* _Saved data entries_:
---

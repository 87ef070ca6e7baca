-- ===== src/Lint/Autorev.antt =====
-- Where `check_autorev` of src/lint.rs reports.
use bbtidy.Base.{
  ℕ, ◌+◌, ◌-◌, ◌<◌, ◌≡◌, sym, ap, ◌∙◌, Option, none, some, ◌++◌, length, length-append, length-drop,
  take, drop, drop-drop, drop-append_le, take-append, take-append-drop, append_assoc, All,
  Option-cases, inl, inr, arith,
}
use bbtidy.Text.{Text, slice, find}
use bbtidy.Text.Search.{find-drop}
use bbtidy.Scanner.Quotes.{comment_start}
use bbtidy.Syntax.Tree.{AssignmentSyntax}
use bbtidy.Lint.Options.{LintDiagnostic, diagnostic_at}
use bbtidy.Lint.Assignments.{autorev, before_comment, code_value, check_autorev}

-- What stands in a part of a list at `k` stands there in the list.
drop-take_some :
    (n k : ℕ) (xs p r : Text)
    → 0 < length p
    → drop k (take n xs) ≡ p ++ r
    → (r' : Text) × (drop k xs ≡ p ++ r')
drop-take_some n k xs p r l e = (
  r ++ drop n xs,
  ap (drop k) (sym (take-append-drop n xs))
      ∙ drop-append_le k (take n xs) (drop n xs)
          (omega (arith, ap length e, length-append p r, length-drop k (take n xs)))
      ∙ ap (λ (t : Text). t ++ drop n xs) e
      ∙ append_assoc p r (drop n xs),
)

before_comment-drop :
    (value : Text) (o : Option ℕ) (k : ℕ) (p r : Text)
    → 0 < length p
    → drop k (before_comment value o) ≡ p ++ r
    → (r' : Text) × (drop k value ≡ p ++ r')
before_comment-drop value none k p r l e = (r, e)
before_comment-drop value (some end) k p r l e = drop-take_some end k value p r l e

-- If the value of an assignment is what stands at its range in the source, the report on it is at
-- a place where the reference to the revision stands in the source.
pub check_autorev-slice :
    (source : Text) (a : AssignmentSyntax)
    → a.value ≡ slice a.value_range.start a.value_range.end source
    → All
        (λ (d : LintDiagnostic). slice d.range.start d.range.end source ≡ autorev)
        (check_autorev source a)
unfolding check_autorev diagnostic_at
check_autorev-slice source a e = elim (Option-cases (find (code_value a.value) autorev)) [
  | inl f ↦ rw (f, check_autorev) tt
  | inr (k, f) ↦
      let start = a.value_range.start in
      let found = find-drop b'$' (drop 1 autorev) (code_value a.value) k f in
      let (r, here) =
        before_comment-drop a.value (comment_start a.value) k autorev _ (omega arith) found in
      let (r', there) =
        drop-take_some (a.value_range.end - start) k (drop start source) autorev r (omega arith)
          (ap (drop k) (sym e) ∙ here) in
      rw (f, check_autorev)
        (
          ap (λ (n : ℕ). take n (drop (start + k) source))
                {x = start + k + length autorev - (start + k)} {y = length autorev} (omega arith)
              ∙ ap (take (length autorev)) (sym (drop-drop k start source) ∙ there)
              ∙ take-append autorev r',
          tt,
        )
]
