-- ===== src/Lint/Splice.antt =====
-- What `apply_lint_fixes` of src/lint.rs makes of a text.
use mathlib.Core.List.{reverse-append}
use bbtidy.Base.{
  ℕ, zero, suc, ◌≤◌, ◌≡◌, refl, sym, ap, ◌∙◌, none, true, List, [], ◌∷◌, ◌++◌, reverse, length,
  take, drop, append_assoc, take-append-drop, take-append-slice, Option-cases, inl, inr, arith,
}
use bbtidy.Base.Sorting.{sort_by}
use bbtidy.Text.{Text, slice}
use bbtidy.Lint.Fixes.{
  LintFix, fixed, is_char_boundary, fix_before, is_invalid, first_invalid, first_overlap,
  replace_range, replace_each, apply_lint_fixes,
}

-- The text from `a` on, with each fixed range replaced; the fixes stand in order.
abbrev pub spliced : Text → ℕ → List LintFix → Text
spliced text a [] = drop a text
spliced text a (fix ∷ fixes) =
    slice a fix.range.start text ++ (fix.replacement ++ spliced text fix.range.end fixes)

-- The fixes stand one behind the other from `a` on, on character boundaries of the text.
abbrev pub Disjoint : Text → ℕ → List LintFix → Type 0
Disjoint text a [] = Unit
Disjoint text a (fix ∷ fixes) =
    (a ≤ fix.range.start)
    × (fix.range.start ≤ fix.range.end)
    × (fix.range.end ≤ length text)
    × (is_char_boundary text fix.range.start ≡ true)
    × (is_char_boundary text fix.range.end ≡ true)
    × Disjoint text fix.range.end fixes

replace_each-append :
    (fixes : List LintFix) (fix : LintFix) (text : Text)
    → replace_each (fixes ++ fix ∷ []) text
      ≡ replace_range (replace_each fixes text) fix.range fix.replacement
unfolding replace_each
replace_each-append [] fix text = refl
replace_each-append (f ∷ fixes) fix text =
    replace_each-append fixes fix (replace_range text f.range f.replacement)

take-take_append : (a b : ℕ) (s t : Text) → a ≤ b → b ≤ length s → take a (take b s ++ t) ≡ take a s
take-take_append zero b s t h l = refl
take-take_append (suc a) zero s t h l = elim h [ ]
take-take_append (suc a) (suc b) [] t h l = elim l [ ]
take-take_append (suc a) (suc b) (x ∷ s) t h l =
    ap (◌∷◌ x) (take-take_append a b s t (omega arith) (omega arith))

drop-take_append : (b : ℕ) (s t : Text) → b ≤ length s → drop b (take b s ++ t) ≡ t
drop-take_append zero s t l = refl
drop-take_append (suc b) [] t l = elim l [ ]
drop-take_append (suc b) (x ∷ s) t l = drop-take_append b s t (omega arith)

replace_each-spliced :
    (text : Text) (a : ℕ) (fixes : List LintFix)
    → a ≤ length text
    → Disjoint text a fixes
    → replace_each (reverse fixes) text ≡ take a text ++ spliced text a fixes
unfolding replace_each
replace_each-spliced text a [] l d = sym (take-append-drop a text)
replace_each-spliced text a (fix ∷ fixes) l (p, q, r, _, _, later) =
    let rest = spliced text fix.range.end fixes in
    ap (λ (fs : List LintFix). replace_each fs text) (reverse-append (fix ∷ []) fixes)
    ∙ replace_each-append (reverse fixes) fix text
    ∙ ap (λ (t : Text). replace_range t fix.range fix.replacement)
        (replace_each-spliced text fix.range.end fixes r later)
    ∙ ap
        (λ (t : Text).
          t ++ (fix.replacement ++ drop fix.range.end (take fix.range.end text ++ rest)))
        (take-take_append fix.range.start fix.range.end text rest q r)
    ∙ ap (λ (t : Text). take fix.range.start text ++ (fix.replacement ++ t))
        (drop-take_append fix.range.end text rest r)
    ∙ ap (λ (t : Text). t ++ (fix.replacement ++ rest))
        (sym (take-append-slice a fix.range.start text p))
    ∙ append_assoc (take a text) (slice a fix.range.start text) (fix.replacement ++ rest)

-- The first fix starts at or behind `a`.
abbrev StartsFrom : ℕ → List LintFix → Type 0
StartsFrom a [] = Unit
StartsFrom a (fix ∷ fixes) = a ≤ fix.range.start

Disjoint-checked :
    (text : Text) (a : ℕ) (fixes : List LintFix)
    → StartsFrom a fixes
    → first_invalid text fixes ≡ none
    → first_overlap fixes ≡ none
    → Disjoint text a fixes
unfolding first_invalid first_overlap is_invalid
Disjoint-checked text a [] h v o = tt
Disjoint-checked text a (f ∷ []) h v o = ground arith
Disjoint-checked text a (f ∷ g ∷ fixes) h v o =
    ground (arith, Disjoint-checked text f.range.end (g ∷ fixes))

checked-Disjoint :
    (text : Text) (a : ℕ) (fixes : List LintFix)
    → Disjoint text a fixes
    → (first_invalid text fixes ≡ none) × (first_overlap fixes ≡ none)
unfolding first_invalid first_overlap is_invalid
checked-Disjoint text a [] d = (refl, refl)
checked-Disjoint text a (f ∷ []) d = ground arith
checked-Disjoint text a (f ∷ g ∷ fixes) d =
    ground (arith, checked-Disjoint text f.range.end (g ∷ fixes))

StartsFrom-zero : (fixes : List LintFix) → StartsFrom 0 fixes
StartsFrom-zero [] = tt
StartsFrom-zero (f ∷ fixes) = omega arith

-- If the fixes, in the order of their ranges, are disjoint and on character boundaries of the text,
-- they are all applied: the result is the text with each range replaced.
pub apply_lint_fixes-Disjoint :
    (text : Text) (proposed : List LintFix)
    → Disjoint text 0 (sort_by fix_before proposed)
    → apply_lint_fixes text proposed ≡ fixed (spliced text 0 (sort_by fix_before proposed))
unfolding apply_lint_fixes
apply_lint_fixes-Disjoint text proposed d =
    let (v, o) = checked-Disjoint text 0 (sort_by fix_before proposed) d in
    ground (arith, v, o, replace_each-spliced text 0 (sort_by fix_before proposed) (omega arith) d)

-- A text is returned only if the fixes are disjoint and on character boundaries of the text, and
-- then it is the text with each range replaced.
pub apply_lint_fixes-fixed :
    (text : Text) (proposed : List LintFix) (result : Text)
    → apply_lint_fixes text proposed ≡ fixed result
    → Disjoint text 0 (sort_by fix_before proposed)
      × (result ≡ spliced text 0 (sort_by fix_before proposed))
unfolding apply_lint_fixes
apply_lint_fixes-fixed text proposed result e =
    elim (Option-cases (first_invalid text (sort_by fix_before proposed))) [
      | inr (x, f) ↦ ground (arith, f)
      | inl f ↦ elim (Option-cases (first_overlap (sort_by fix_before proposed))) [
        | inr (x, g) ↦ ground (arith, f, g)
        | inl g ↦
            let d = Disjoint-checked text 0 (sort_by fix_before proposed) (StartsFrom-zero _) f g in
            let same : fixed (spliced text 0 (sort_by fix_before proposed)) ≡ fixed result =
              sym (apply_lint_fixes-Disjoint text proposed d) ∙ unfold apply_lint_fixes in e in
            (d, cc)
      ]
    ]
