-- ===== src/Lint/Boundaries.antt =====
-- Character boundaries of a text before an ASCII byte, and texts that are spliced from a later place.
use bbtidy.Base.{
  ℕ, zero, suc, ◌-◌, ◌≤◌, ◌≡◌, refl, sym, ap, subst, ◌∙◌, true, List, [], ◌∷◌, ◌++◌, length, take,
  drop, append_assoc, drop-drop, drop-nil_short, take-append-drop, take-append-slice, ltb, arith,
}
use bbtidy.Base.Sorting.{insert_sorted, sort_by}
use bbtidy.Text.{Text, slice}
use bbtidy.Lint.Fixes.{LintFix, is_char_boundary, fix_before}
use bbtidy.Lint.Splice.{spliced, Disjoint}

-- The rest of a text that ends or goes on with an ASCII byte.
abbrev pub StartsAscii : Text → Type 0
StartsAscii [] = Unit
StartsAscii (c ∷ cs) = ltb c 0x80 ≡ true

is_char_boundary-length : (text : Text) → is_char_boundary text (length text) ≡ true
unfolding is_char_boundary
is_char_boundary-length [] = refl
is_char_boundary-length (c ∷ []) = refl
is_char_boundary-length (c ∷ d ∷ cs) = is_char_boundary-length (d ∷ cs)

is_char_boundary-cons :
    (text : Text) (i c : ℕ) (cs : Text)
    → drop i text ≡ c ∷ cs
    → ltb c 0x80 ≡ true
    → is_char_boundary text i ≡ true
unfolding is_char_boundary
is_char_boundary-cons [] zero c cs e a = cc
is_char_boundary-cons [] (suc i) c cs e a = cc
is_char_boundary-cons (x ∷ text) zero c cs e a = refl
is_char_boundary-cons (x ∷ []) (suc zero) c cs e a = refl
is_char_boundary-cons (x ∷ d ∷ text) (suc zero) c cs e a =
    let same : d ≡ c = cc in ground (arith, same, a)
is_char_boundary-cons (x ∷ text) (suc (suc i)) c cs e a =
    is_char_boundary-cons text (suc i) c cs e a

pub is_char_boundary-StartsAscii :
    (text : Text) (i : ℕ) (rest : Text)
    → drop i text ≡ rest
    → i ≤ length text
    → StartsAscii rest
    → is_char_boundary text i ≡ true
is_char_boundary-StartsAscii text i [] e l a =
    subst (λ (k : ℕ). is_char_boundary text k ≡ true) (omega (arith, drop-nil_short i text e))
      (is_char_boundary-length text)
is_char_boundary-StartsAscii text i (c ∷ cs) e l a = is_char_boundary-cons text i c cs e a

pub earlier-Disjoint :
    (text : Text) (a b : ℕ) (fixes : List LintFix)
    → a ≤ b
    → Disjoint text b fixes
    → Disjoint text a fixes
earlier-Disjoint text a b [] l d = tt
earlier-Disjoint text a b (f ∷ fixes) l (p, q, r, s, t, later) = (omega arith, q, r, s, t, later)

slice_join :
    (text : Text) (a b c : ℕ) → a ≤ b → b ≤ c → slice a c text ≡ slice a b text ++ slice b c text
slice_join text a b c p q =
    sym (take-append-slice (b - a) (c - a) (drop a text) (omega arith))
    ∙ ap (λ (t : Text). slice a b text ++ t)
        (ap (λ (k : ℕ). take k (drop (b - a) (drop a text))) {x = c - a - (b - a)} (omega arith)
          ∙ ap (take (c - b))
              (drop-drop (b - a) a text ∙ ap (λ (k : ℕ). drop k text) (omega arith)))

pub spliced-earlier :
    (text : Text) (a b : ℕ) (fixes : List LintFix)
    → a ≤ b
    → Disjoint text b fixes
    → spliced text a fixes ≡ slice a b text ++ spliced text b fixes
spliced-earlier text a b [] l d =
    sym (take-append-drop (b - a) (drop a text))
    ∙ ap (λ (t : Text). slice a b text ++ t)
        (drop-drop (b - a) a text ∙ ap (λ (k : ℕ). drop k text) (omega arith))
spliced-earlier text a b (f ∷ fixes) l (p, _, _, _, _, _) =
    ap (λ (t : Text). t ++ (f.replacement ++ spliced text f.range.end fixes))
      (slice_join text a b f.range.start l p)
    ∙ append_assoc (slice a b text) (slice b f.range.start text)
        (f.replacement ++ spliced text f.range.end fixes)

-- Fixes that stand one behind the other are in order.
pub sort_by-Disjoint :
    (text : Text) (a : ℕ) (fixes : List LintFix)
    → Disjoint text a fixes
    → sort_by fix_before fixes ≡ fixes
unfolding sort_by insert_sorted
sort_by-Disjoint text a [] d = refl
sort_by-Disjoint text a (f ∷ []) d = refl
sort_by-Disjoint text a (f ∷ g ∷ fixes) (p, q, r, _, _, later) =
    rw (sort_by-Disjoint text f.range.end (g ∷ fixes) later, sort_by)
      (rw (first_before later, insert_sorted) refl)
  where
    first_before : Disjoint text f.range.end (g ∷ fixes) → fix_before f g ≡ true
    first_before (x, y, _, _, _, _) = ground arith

---

* _Task objective_:
Starting from the line that contains "sort_by-Disjoint text a (f ∷ g", transcribe each line to the end of the records above. Please add nothing.

* _Solution_:
sort_by-Disjoint text a (f ∷ g ∷ fixes) (p, q, r, _, _, later) =
    rw (sort_by-Disjoint text f.range.end (g ∷ fixes) later, sort_by)
      (rw (first_before later, insert_sorted) refl)
  where
    first_before : Disjoint text f.range.end (g ∷ fixes) → fix_before f g ≡ true
    first_before (x, y, _, _, _, _) = ground arith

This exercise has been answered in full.